- Episode no.: Season 6 Episode 6
- Directed by: Kevin Bray
- Written by: Stephen Schiff; Justin Weinberger;
- Production code: BDU606
- Original air date: May 2, 2018
- Running time: 45 minutes

Guest appearances
- Austin Abrams as Jackson Barber; Laurie Holden as Renee; Anthony Arkin as Stavos; Todd Faulkner as Agent Loeb; Amy Tribbey as Marilyn; Aaron Roman Weiner as Agent Brooks;

Episode chronology
| ← Previous "The Great Patriotic War" | Next → "Harvest" |
- The Americans season 6

= Rififi (The Americans) =

"Rififi" is the sixth episode of the sixth season of the period drama television series The Americans. It originally aired on FX in the United States on May 2, 2018.

==Plot==
When Elizabeth (Keri Russell) returns home from drinking with Claudia and Paige, Philip (Matthew Rhys) tells her about Stan's visit and that Philip sabotaged the Kimmy kidnapping as a result. Dennis tells Stan (Noah Emmerich) that the X-rays of one of Gennadi's diplomatic pouches showed that the pouch contained a sensor chip from Altheon in Chicago, which (because of the D.C. killings related to Altheon) led the FBI to a vulnerable Altheon engineer in Chicago. In turn, he identified a Russian illegal code-named "Harvest", whom the FBI currently have under surveillance. Dennis and Stan also note the upcoming summit and Oleg's return, which they do not believe are coincidental. Dennis convinces Stan to temporarily return to counterintelligence and lead an effort to run down leads in D.C. based on the tradecraft used by "Harvest", such as small business fronts, cars bought from free paper ads for cash, advance payment of utilities at safe houses, and contact with Russian Orthodox priests.

Henry comes home for Thanksgiving and sees the distance between his parents. Following Paige's idea, Elizabeth pretends to be a D.C. consultant and makes contact with Jackson, a congressional intern from Sam Nunn's office. Philip lays off three of his travel agents, beginning with Stavos.

Claudia notifies Elizabeth and Marilyn to go to Chicago to extricate "Harvest", who was also working on Dead Hand, and reminds Elizabeth that neither she nor "Harvest" can be captured. When "Harvest" realizes that he's being followed, Elizabeth has to leave on Thanksgiving, causing her to miss the Jennings' Thanksgiving dinner at Stan's with Renee and Dennis's family. Renee thanks Dennis for advancing her application to the FBI. After dinner, Philip reviews Elizabeth's hidden records, including her drawings from Emily's lessons, and "dead drops" a coded message to Oleg, which Oleg retrieves and decodes in his hotel room. Elizabeth and Marilyn agree that their chances of success with "Harvest" are poor. Elizabeth calls Henry, which Philip interprets as a possible "last call" before her death. Philip calls Elizabeth and asks her to abort the mission; when she refuses, he offers to go to Chicago to help.

==Production==
The episode was written by Stephen Schiff and Justin Weinberger, and directed by Kevin Bray. The title of the episode is based on the 1955 French film, Rififi, which is the movie that Elizabeth and Jackson (the intern) see when she makes first contact.

==Reception==
In its original American broadcast, "Rififi" was seen by an estimated 611,000 household viewers and gained a 0.15 ratings share among adults aged 18–49, according to Nielsen Media Research.
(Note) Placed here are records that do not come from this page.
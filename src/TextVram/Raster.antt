-- ===== src/TextVram/Raster.antt =====
-- The raster iterator of textvram.cc reads ahead a byte of each plane; what it yields is the pixel
-- of the planes all the same.
use vx68k_v.Base.{
  ℕ, zero, suc, ◌+◌, ◌-◌, ◌*◌, ◌/◌, ◌%◌, ◌^◌, ◌≡◌, refl, inl, inr, ap, ◌∙◌, arith, ◌==◌, Bool-cases,
  ==-eq,
}
use vx68k_v.TextVram.{
  Buffer, row_size, plane_size, RasterIterator, load_packs, raster, increment, pixel,
}

-- The iterator after `n` increments.
pub advance : ℕ → Buffer → RasterIterator → RasterIterator
advance zero b r = r
advance (suc n) b r = increment b (advance n b r)

-- The pixel of column `x` of the raster `y`, its bit of plane `i` at place `i`. A raster is 1024
-- pixels wide and begins again at its end.
unfoldable pub plane_bit : Buffer → (x y plane : ℕ) → ℕ
plane_bit b x y plane = b (y * row_size + x % 1024 / 8 + plane * plane_size) / 2 ^ (7 - x % 8) % 2

unfoldable pub screen_pixel : Buffer → (x y : ℕ) → ℕ
unfolding plane_bit
screen_pixel b x y =
    plane_bit b x y 0 + 2 * plane_bit b x y 1 + 4 * plane_bit b x y 2 + 8 * plane_bit b x y 3

pub increment-load_packs :
    (b : Buffer) (base pos : ℕ) → increment b (load_packs b base pos) ≡ load_packs b base (pos + 1)
unfolding increment
increment-load_packs b base pos = elim (Bool-cases ((pos + 1) / 8 == pos / 8)) [
  | inl same ↦ rw (same, ==-eq ((pos + 1) / 8) (pos / 8) same)
  | inr next ↦ rw next
]

advance-load_packs :
    (n : ℕ) (b : Buffer) (base pos : ℕ)
    → advance n b (load_packs b base pos) ≡ load_packs b base (pos + n)
unfolding advance
advance-load_packs zero b base pos = ap (load_packs b base) (omega arith)
advance-load_packs (suc n) b base pos =
    ap (increment b) (advance-load_packs n b base pos)
    ∙ increment-load_packs b base (pos + n)
    ∙ ap (load_packs b base) (omega arith)

-- After any number of increments the iterator of a raster yields the pixel that many columns on.
pub advance-screen_pixel :
    (n : ℕ) (b : Buffer) (x y : ℕ) → pixel (advance n b (raster x y b)) ≡ screen_pixel b (x + n) y
unfolding pixel raster screen_pixel plane_bit
advance-screen_pixel n b x y =
    let column : (x + n) / 8 % 128 ≡ (x + n) % 1024 / 8 = omega arith in
    rw (advance-load_packs n b (y * row_size) x, column)

-- A raster iterator with its bytes read yields the pixel at its position.
pub pixel-load_packs :
    (b : Buffer) (x y : ℕ) → pixel (load_packs b (y * row_size) x) ≡ screen_pixel b x y
unfolding pixel screen_pixel plane_bit
pixel-load_packs b x y = let column : x / 8 % 128 ≡ x % 1024 / 8 = omega arith in rw column refl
The episode received positive reviews. Review aggregator website Rotten Tomatoes gave the episode 100% "Fresh" ratings and average rating of 8.8 out of 10, based on 11 reviews, with consensus reading, "The fan is finally getting hit in Rifiki,(sic) where hostility and lack of trust feed the peaking series arc as the fates of these damaged characters begin to manifest." The A.V. Club gave the episode an 'A−' grade. Alan Sepinwall from Uproxx praised the episode, but complained about uneven pacing of the episode and season in general.